Open GoogleCodeExporter opened 9 years ago
http://www.khronos.org/registry/cl/sdk/1.2/docs/man/xhtml/clGetDeviceInfo.html
Original comment by ryan.lam...@gmail.com
on 7 May 2012 at 11:41
Ryan
In the extension mechanism we can expose this via the Device type. Would you
consider testing your code and using the extension mechanism branch in the
meantime?
Otherwise we run into the issue that we hide the chosen device until first
execution. In which case you don't have the opportunity to query prior to first
execute.
One hack is to create a dummy kernel. Execute it, then query it to extract
device info. This would be fairly easy to hack together.
At one time we allowed a 'callBack' to be registered which was called (from
JNI) just prior to execution, this allowed the developer to query local/global
size and could also be used to query device parameters.
I think the answer is to clean this all up with the extension proposal.
So the process would be:
Device device = Device.getSomeDevice(); // say first GPU, first CPU etc
This device can then be queried for parameters (getDeviceInfo keys)
We would also use the Device to act as a factory for a Range.
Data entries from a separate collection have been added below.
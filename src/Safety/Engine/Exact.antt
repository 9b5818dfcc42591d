-- ===== src/Safety/Engine/Exact.antt =====
-- internal/safety/safety.go: the registered guards together, compared with the reading of Safety/Risk.
use workspace_janitor.Prelude.{[], any-sort_by, ◌≡◌, refl, ◌∙◌, Bool, ◌||◌, false, any, arith}
use workspace_janitor.Core.Entry.{is_blocking}
use workspace_janitor.Safety.Guards.Destination.{guard_quarantine_filesystem, guard_free_space}
use workspace_janitor.Core.Verdict.{protection_less, normalize, refused}
use workspace_janitor.Safety.Input.{Input}
use workspace_janitor.Safety.Risk.{unsafe}
use workspace_janitor.Safety.Guards.Observed.Exact.{
  guard_collected_protections_exact, guard_unknown_evidence_exact, guard_filesystem_identity_exact,
  guard_git_state_exact, observed_guards_block,
}
use workspace_janitor.Safety.Guards.Location.Exact.{
  guard_symlink_containment_exact, guard_protected_paths_exact, guard_sensitive_names_exact,
  guard_live_databases_exact, guard_durable_evidence_exact, guard_job_ownership_exact,
  location_guards_block,
}
use workspace_janitor.Safety.Guards.Destination.Exact.{
  destination_guards_exact, destination_guards_block,
}
use workspace_janitor.Safety.Engine.{run_guards, guards, evaluate}
use workspace_janitor.Safety.Engine.Collect.{
  is_idle, any-run_guards, idle-run_guards, OnlyBlocks, reports, refused-evaluate_with,
}
use workspace_janitor.Safety.Engine.{evaluate_with}

guards_block : (i : Input) → OnlyBlocks i guards
unfolding guards
guards_block i =
    let o = observed_guards_block i in
    let l = location_guards_block i in
    let d = destination_guards_block i in
    (o.0, (o.1, (o.2, (o.3, (l.0, (l.1, (l.2, (l.3, (l.4, (l.5, (d.0, (d.1, tt))))))))))))

or_end : (a b : Bool) → (a || (b || false)) ≡ (a || b)
or_end a b = ground arith

reports-guards : (i : Input) → any (reports i) guards ≡ unsafe i
unfolding guards unsafe
reports-guards i = rw (
  guard_collected_protections_exact i,
  guard_unknown_evidence_exact i,
  guard_filesystem_identity_exact i,
  guard_git_state_exact i,
  guard_symlink_containment_exact i,
  guard_protected_paths_exact i,
  guard_sensitive_names_exact i,
  guard_live_databases_exact i,
  guard_durable_evidence_exact i,
  guard_job_ownership_exact i,
  or_end (any is_blocking (guard_quarantine_filesystem i)) (any is_blocking (guard_free_space i)),
  destination_guards_exact i,
)

-- For every input, the verdict of the evaluation refuses exactly when the independent reading
-- `unsafe` of the input finds a risk.
pub refused-evaluate : (i : Input) → refused (evaluate i) ≡ unsafe i
unfolding evaluate
refused-evaluate i = refused-evaluate_with i guards (guards_block i) ∙ reports-guards i

-- Every protection of a verdict blocks.
pub idle-evaluate : (i : Input) → any is_idle (evaluate i).protections ≡ false
unfolding evaluate evaluate_with normalize
idle-evaluate i =
    any-sort_by protection_less is_idle (run_guards i guards [])
    ∙ idle-run_guards i guards [] (guards_block i) refl

pub blocking-evaluate : (i : Input) → any is_blocking (evaluate i).protections ≡ unsafe i
unfolding evaluate evaluate_with normalize
blocking-evaluate i =
    any-sort_by protection_less is_blocking (run_guards i guards [])
    ∙ any-run_guards i guards [] (guards_block i) refl
    ∙ reports-guards i
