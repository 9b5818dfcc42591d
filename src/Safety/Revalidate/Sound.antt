-- ===== src/Safety/Revalidate/Sound.antt =====
-- internal/safety/revalidate.go: when revalidation refuses, read from what differs from the plan.
use workspace_janitor.Prelude.{
  String, ◌≡◌, refl, ◌∙◌, Bool, true, false, not, ◌&&◌, ◌||◌, Option, none, some, List, [], ◌∷◌,
  ◌++◌, any, any-append, arith, is_empty, str_eq,
}
use workspace_janitor.Core.Entry.{Entry, Protection, is_blocking, zero_id, id_eq}
use workspace_janitor.Core.Verdict.{refused}
use workspace_janitor.Core.Verdict.Gate.{refused-normalize}
use workspace_janitor.Collect.Fingerprint.{fingerprint, snapshot_fingerprint}
use workspace_janitor.Safety.Input.{protect}
use workspace_janitor.Safety.Risk.{unsafe}
use workspace_janitor.Safety.Guards.Raise.{raise_if}
use workspace_janitor.Safety.Engine.{add_protection, evaluate}
use workspace_janitor.Safety.Engine.Collect.{is_idle, any-add_protection}
use workspace_janitor.Safety.Engine.Exact.{idle-evaluate, blocking-evaluate}
use workspace_janitor.Safety.Revalidate.{
  Observation, observed, failed, linked, link_error, Handle, RevalidateInput, refusal,
  handle_protections, fingerprint_protections, change_protections, add_each, fresh_input,
  after_observation, revalidate_by, revalidate,
}
use workspace_janitor.Prelude.{ap₂}

-- The object behind the handle is gone or unknown, or the handle is of another object or path.
unfoldable pub handle_changed : RevalidateInput → Entry → Option Handle → Bool
handle_changed i fresh none = false
handle_changed i fresh (some h) =
    elim h.linkage [ linked b ↦ not b | link_error err ↦ true ]
    || (not (zero_id h.identity) && not (id_eq h.identity fresh.filesystem_id)
        || not (is_empty h.path) && not (str_eq h.path i.planned.path))

-- The saved digest cannot be trusted, or is not the digest of the fresh entry.
unfoldable pub digest_changed : Option String → String → Bool
digest_changed none current = true
digest_changed (some planned) current = not (str_eq planned current)

any-handle_protections :
    (i : RevalidateInput) (fresh : Entry) (h : Option Handle)
    → (any is_blocking (handle_protections i fresh h) ≡ handle_changed i fresh h)
      × (any is_idle (handle_protections i fresh h) ≡ false)
unfolding handle_protections handle_changed protect
any-handle_protections i fresh none = (refl, refl)
any-handle_protections i fresh (some h) = ground arith

module _ (sha256_hex : String → String) where
  -- What makes the fresh observation another thing than the planned one.
  unfoldable pub changed : RevalidateInput → Entry → Bool
  changed i fresh =
      not (str_eq fresh.path i.planned.path)
      || (not (id_eq fresh.filesystem_id i.planned.filesystem_id)
          || (not (zero_id i.action.filesystem_id)
                && not (id_eq i.action.filesystem_id fresh.filesystem_id)
              || (not (is_empty i.action.path) && not (str_eq i.action.path i.planned.path)
                  || (handle_changed i fresh i.handle
                      || digest_changed (snapshot_fingerprint sha256_hex i.planned)
                          (fingerprint sha256_hex fresh)))))

  any-fingerprint_protections :
      (saved : Option String) (current : String)
      → (any is_blocking (fingerprint_protections sha256_hex saved current)
          ≡ digest_changed saved current)
        × (any is_idle (fingerprint_protections sha256_hex saved current) ≡ false)
  unfolding fingerprint_protections digest_changed protect raise_if
  any-fingerprint_protections none current = (refl, refl)
  any-fingerprint_protections (some planned) current = (ground arith, ground arith)

  any-last_protections :
      (i : RevalidateInput) (fresh : Entry)
      → let ps =
          handle_protections i fresh i.handle
          ++ fingerprint_protections sha256_hex
              (snapshot_fingerprint sha256_hex i.planned)
              (fingerprint sha256_hex fresh) in
        (any is_blocking ps ≡ (
          handle_changed i fresh i.handle
          || digest_changed
              (snapshot_fingerprint sha256_hex i.planned)
              (fingerprint sha256_hex fresh)))
        × (any is_idle ps ≡ false)
  any-last_protections i fresh =
      let planned = snapshot_fingerprint sha256_hex i.planned in
      let current = fingerprint sha256_hex fresh in
      let h = any-handle_protections i fresh i.handle in
      let f = any-fingerprint_protections planned current in
      let hs = handle_protections i fresh i.handle in
      let fs = fingerprint_protections sha256_hex planned current in
      (
        any-append is_blocking hs fs ∙ ap₂ (◌||◌) h.0 f.0,
        any-append is_idle hs fs ∙ ap₂ (◌||◌) h.1 f.1,
      )

  any-change_protections :
      (i : RevalidateInput) (fresh : Entry)
      → (any is_blocking (change_protections sha256_hex i fresh) ≡ changed i fresh)
        × (any is_idle (change_protections sha256_hex i fresh) ≡ false)
  unfolding change_protections changed protect raise_if
  any-change_protections i fresh =
      let last = any-last_protections i fresh in (ground (arith, last.0), ground (arith, last.1))

  any-add_each :
      (ps qs : List Protection)
      → any is_idle ps ≡ false
      → any is_idle qs ≡ false
      → any is_blocking (add_each sha256_hex ps qs) ≡ (any is_blocking ps || any is_blocking qs)
  unfolding add_each
  any-add_each ps [] h k = ground arith
  any-add_each ps (q ∷ qs) h k =
      let added = any-add_protection ps q h (ground arith) in
      any-add_each (add_protection ps q) qs added.1 (ground arith) ∙ ground (arith, added.0)

  -- Whether what the re-observation answered forbids the mutation.
  unfoldable pub must_refuse : RevalidateInput → Option (String → Observation) → Bool
  must_refuse i none = true
  must_refuse i (some recollect) = elim (recollect i.planned.path) [
    | observed fresh ↦ unsafe (fresh_input sha256_hex i fresh) || changed i fresh
    | failed err ↦ true
  ]

  refused-after_observation :
      (i : RevalidateInput) (o : Observation)
      → refused (after_observation sha256_hex i o) ≡ elim o [
        | observed fresh ↦ unsafe (fresh_input sha256_hex i fresh) || changed i fresh
        | failed err ↦ true
      ]
  unfolding after_observation refusal protect
  refused-after_observation i (failed err) = refused-normalize _
  refused-after_observation i (observed fresh) =
      let c = any-change_protections i fresh in
      let e = fresh_input sha256_hex i fresh in
      refused-normalize _
      ∙ any-add_each (evaluate e).protections (change_protections sha256_hex i fresh)
          (idle-evaluate e) c.1
      ∙ ap₂ (◌||◌) (blocking-evaluate e) c.0

  refused-revalidate_by :
      (i : RevalidateInput) (recollect : Option (String → Observation))
      → refused (revalidate_by sha256_hex i recollect) ≡ must_refuse i recollect
  unfolding revalidate_by refusal protect must_refuse
  refused-revalidate_by i none = refused-normalize _
  refused-revalidate_by i (some recollect) = refused-after_observation i (recollect i.planned.path)

  -- For every digest function and input, revalidation refuses exactly when there is no re-
  -- observation, it failed, the fresh entry is unsafe, or the fresh entry, the handle or the digest
  -- differs from what was planned.
  pub refused-revalidate :
      (i : RevalidateInput) → refused (revalidate sha256_hex i) ≡ must_refuse i i.recollect
  unfolding revalidate
  refused-revalidate i = refused-revalidate_by i i.recollect
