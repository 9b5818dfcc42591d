-- ===== src/Actions/Preflight/Sound.antt =====
-- What a mutation has passed before another program makes it.
use workspace_janitor.Prelude.{
  ◌≡◌, ◌⊎◌, ◌∙◌, sym, List, refl, String, true, false, none, is_some, str_eq, Bool-cases, inl, inr,
  arith,
}
use workspace_janitor.Core.ActionKind.{ActionKind, delete_candidate, quarantine, eq, mutating}
use workspace_janitor.Core.EntryKind as EntryKind
use workspace_janitor.Core.EntryKind.{directory}
use workspace_janitor.Core.Entry.{Entry, Protection}
use workspace_janitor.Core.Action.{Action}
use workspace_janitor.Core.Verdict.{allows, refused}
use workspace_janitor.Safety.Engine.{evaluate}
use workspace_janitor.Safety.Risk.{unsafe}
use workspace_janitor.Safety.Revalidate.{
  Handle, Observation, observed, failed as unobserved, fresh_input,
}
use workspace_janitor.Safety.Revalidate.Sound.{changed, must_refuse, refused-revalidate}
use workspace_janitor.Actions.{found, System, Engine, answer_error}
use workspace_janitor.Actions.Observe.{recollect_with_size}
use workspace_janitor.Actions.Observe.Unused.{Answer-cases}
use workspace_janitor.Actions.Preflight.{
  same_kind, other_than_cache, other_than_export, preflight_input, preflight_refusal,
  preflight_entry, preflight_official, preflight_export, export_input,
}

Observation-cases :
    (o : Observation)
    → ((e : String) × (o ≡ unobserved e)) ⊎ ((fresh : Entry) × (o ≡ observed fresh))
Observation-cases (observed fresh) = inr (fresh, refl)
Observation-cases (unobserved e) = inl (e, refl)

deletion_mutates : (k : ActionKind) → eq k delete_candidate ≡ true → mutating k ≡ true
unfolding eq mutating
deletion_mutates delete_candidate h = refl
deletion_mutates k h = cc

quarantine_mutates : (k : ActionKind) → eq k quarantine ≡ true → mutating k ≡ true
unfolding eq mutating
quarantine_mutates quarantine h = refl
quarantine_mutates k h = cc

module _ {F : Type 0} (sys : System F) (eng : Engine) (format_v : List Protection → String) where
  -- The object was opened and observed again, the fresh entry is at no risk, and neither it nor the
  -- handle nor the digest differs from what was planned.
  pub record Cleared (fs : F) (entry : Entry) (action : Action) : Type 0 where
    pub handle : Handle
    pub opened : sys.open_handle fs entry.path ≡ found handle
    pub fresh : Entry
    pub seen : recollect_with_size sys eng fs entry.path entry.size_is_deep ≡ observed fresh
    pub safe :
        unsafe (
          fresh_input sys.sha256_hex
            (preflight_input sys eng format_v fs entry action handle)
            fresh)
        ≡ false
    pub unchanged :
        changed sys.sha256_hex (preflight_input sys eng format_v fs entry action handle) fresh
        ≡ false

  observed-Cleared :
      (fs : F) (entry : Entry) (action : Action) (handle : Handle)
      → sys.open_handle fs entry.path ≡ found handle
      → must_refuse sys.sha256_hex
          (preflight_input sys eng format_v fs entry action handle)
          (preflight_input sys eng format_v fs entry action handle).recollect
        ≡ false
      → Cleared fs entry action
  unfolding must_refuse preflight_input
  observed-Cleared fs entry action handle opened h =
      elim (Observation-cases (recollect_with_size sys eng fs entry.path entry.size_is_deep)) [
        | inl (e, k) ↦ ground arith
        | inr (fresh, k) ↦ record {
          handle = handle;
          opened = opened;
          fresh = fresh;
          seen = k;
          safe = ground arith;
          unchanged = ground arith;
        }
      ]

  entry-Cleared :
      (fs : F) (entry : Entry) (action : Action) (label : String)
      → preflight_entry sys eng format_v fs entry action label ≡ none
      → mutating action.kind ≡ true
      → Cleared fs entry action
  unfolding preflight_entry preflight_refusal allows answer_error
  entry-Cleared fs entry action label h mutates =
      elim (Answer-cases (sys.open_handle fs entry.path)) [
        | inl (e, k) ↦ ground arith
        | inr (handle, k) ↦
            let i = preflight_input sys eng format_v fs entry action handle in
            observed-Cleared fs entry action handle k
              (sym (refused-revalidate sys.sha256_hex i) ∙ ground arith)
      ]

  -- For all files, entries and actions, an official prune that its preflight lets through deletes the
  -- entry's own path, which is a directory and no repository; the entry could be opened and observed
  -- again, the fresh entry is at no risk, and neither it nor the handle nor the digest differs from
  -- the plan.
  pub preflight_official-Cleared :
      (fs : F) (entry : Entry) (action : Action)
      → preflight_official sys eng format_v fs entry action ≡ none
      → (eq action.kind delete_candidate ≡ true)
        × (str_eq action.path entry.path ≡ true)
        × (str_eq (EntryKind.to_string entry.kind) "directory" ≡ true)
        × (is_some entry.git ≡ false)
        × Cleared fs entry action
  unfolding preflight_official other_than_cache same_kind EntryKind.to_string
  preflight_official-Cleared fs entry action h = elim (Bool-cases (other_than_cache entry action)) [
    | inl q ↦ ground arith
    | inr q ↦ (
      ground arith,
      ground arith,
      ground arith,
      ground arith,
      entry-Cleared fs entry action "official prune" (ground arith)
          (deletion_mutates action.kind (ground arith)),
    )
  ]

  -- For all files, entries and actions, an export that its preflight lets through is quarantined at
  -- the entry's own path, which is a file, no repository, and the one that the archive is made of; the
  -- entry as planned is not refused, it could be opened and observed again, the fresh entry is at no
  -- risk, and neither it nor the handle nor the digest differs from the plan.
  pub preflight_export-Cleared :
      (fs : F) (entry : Entry) (action : Action)
      → preflight_export sys eng format_v fs entry action ≡ none
      → (eq action.kind quarantine ≡ true)
        × (str_eq action.path entry.path ≡ true)
        × (str_eq (EntryKind.to_string entry.kind) "file" ≡ true)
        × (is_some entry.git ≡ false)
        × (str_eq eng.options.archive_creation_path entry.path ≡ true)
        × (refused (evaluate (export_input sys eng format_v fs entry)) ≡ false)
        × Cleared fs entry action
  unfolding preflight_export other_than_export same_kind EntryKind.to_string allows
  preflight_export-Cleared fs entry action h =
      let initial = evaluate (export_input sys eng format_v fs entry) in
      elim (Bool-cases (other_than_export sys eng format_v entry action)) [
        | inl q ↦ ground arith
        | inr q ↦
            let mutates = quarantine_mutates action.kind (ground arith) in
            elim (Bool-cases (refused initial)) [
              | inl r ↦ ground arith
              | inr r ↦ (
                ground arith,
                ground arith,
                ground arith,
                ground arith,
                ground arith,
                r,
                entry-Cleared fs entry action "export archive" (ground arith) mutates,
              )
            ]
      ]
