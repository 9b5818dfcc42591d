-- ===== src/Actions/Reconcile/Recovery.antt =====
-- A crash after the rename and before the journal write.
use workspace_janitor.Core.Entry.{Entry}
use workspace_janitor.Core.Cleanup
Ensuring that the
Range is always a valid size.
device.createRange2D(width, height); // localWidth and localHeight will be
suitable for the device.
Also we will use the device (instead of current ExecutionMode) to decide where
to execute.
Either
kernel.setDevice(device);
kernel.execute(Range range, int count);
Or (preferrably) the range will capture the device that was used as a factory
so we can still use
kernel.execute(Range range, int count);
I plan on merging parts of the extension mechanism to the trunk this week. How
fast do you need this? I am guessing fast...
Gary
Original comment by frost.g...@gmail.com
on 8 May 2012 at 5:33
[deleted comment]
I'm seeing strange behavior, it appears that if you request too large of a
buffer, you will see the following in the console:
!!!!!!! Execution status of execute event failed out of resources
May 26, 2012 11:59:14 PM com.amd.aparapi.KernelRunner executeOpenCL
WARNING: ### CL exec seems to have failed. Trying to revert to Java ###
Interestingly, it also appears that each time you do this, the amount of buffer
memory you can request decreases...?
The test I'm running increases the buffer request until the error above appears
and then I record the settings. Strangely enough, the second time the test is
run the buffer size until failure is much smaller. Rinse, repeat.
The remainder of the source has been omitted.